We simulate state probabilities over 20 years with 1-year model
cycles. `autoplot.stateprobs()`

is used to plot the
probability of being in each of the 3 states over the model’s time
horizon, with the solid lines representing means from the PSA and the
shaded regions representing 95% confidence intervals.

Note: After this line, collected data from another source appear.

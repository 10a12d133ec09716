-- ===== src/Middleware/RequestLogger.antt =====
-- app/middleware/request_logger.py. The log is a list of entries beside the world. The clock of
-- `time.perf_counter` is in nanoseconds, and a duration in hundredths of a millisecond.
use mcp_agent_gateway.Base.{
  ℕ, zero, suc, ◌-◌, ◌/◌, ◌%◌, ◌+◌, ltb, nat_eq, String, string_eq, ◌<>◌, truthy, ◌||◌, ◌&&◌,
  Option, none, some, List, [], ◌∷◌, ◌++◌, if◌then◌else◌,
}
use mcp_agent_gateway.Base.Dict.{insert}
use mcp_agent_gateway.Base.Result.{Result, ok, raise}
use mcp_agent_gateway.Middleware.Http.{Request, Response, App}

-- what the middleware takes from elsewhere for a request: `uuid4().hex`, the clock before and after
-- it, and the identifiers of the trace and the span, if the context of the span is valid
pub record Facts : Type 0 where
  pub fresh_id : String
  pub start : ℕ
  pub stop : ℕ
  pub span_context : Option (ℕ × ℕ)

-- `extra`, with the event "request"
pub record LogEntry : Type 0 where
  pub method : String
  pub path : String
  pub status : ℕ
  pub duration_ms : ℕ
  pub request_id : String
  pub trace_id : Option String
  pub span_id : Option String

-- `request.headers.get("x-request-id") or uuid.uuid4().hex`
unfoldable pub request_id_of : String → Request → String
request_id_of fresh_id request = elim request.request_id [
  | none ↦ fresh_id
  | some given ↦ if truthy given then given else fresh_id
]

-- `round((stop - start) * 1000, 2)`, half to even
unfoldable pub duration_of : ℕ → ℕ → ℕ
duration_of start stop =
    let whole = (stop - start) / 10000 in
    let rest = (stop - start) % 10000 in
    if ltb 5000 rest || (nat_eq rest 5000 && nat_eq (whole % 2) 1) then whole + 1 else whole

unfoldable pub char_at : ℕ → String → String
char_at n String.[] = ""
char_at zero (String.◌∷◌ c s) = String.◌∷◌ c ""
char_at (suc n) (String.◌∷◌ c s) = char_at n s

-- `format(n, "0<width>x")` of a number that is not longer
unfoldable pub hex : ℕ → ℕ → String
unfolding char_at
hex zero n = ""
hex (suc width) n = hex width (n / 16) <> char_at (n % 16) "0123456789abcdef"

unfoldable pub trace_id_of : Option (ℕ × ℕ) → Option String
unfolding hex
trace_id_of none = none
trace_id_of (some (trace_id, span_id)) = some (hex 32 trace_id)

unfoldable pub span_id_of : Option (ℕ × ℕ) → Option String
unfolding hex
span_id_of none = none
span_id_of (some (trace_id, span_id)) = some (hex 16 span_id)

unfoldable pub identified : String → Response → Response
identified request_id response = record response {
  headers = insert "x-request-id" request_id response.headers;
}

-- what is logged of a request that was answered
unfoldable pub logged :
    Facts → Request → String → Result String Response → List LogEntry → List LogEntry
unfolding duration_of trace_id_of span_id_of
logged facts request request_id (raise e) log = log
logged facts request request_id (ok response) log =
    log
    ++ (record {
      method = request.method;
      path = request.path;
      status = response.status_code;
      duration_ms = duration_of facts.start facts.stop;
      request_id = request_id;
      trace_id = trace_id_of facts.span_context;
      span_id = span_id_of facts.span_context;
    })
      ∷ []

unfoldable pub dispatch : {V : Type 0} → Facts → App (List LogEntry × V) → App (List LogEntry × V)
unfolding request_id_of identified logged
dispatch facts call_next request w =
    let request_id = request_id_of facts.fresh_id request in
    let (result, w') = call_next request w in
    (
      elim result [ ok response ↦ ok (identified request_id response) | raise e ↦ raise e ],
      (logged facts request request_id result w'.0, w'.1),
    )
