-- ===== src/Middleware/SecurityHeaders.antt =====
-- app/middleware/security_headers.py
use mcp_agent_gateway.Base.{string_eq}
use mcp_agent_gateway.Base.Dict.{insert}
use mcp_agent_gateway.Base.Result.{ok, raise}
use mcp_agent_gateway.Middleware.Http.{Response, App}

unfoldable pub secured : Response → Response
secured response = record response {
  headers =
      insert "Strict-Transport-Security" "max-age=31536000; includeSubDomains"
        (insert "X-Content-Type-Options" "nosniff" response.headers);
}

unfoldable pub dispatch : {W : Type 0} → App W → App W
unfolding secured
dispatch call_next request w =
    let (result, w') = call_next request w in
    (elim result [ ok response ↦ ok (secured response) | raise e ↦ raise e ], w')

Now that costs and QALYs have been simulated with the PSA, a decision analysis can be performed. We will focus on the pairwise comparison between the “Intervention” and the “Reference” treatment.

```
ce_sim <- econmod$summarize(by_grp = TRUE)
cea_pw_out <- cea_pw(ce_sim, comparator = 1, dr_qalys = .03, dr_costs = .03)
```

Since we modeled the health state transitions as a function of covariates, transition rates vary by patient characteristics. The impact of gender and the (nonlinear) impact of age on transitions have a similar effect on the incremental cost-effectiveness ratio (ICER). The ICERs were lower for females and tended to rise with age, suggesting that the “Intervention” was more effective for patients with a lower baseline risk.

```
icers <- merge(cea_pw_out$summary,
hesim_dat$patients[, .(grp_id, age, female)],
by = "grp_id")
icers[, gender := factor(female,
levels = c(0, 1),
labels = c("Male", "Female"))]
# Plot of ICER by demographics
library("ggplot2")
ggplot(icers, aes(x = age, y = as.numeric(gsub(",", "", icer)), col = gender)) +
geom_point() +
xlab("Age") + ylab("Incremental cost-effectiveness ratio") +
scale_y_continuous(label = scales::dollar_format()) +
scale_colour_discrete(name = "") +
theme_bw()
```

Of note, the heterogeneous ICER arises completely through differences in baseline risk since the effect of the “Intervention” relative to the “Reference” on transitions was assumed to be constant across patients (i.e., the treatment strategy covariate did not have any effect modifiers). This example highlights an advantage of modeling disease progression with a statistical model in that it can facilitate analyses that assess the consequences of patient heterogeneity.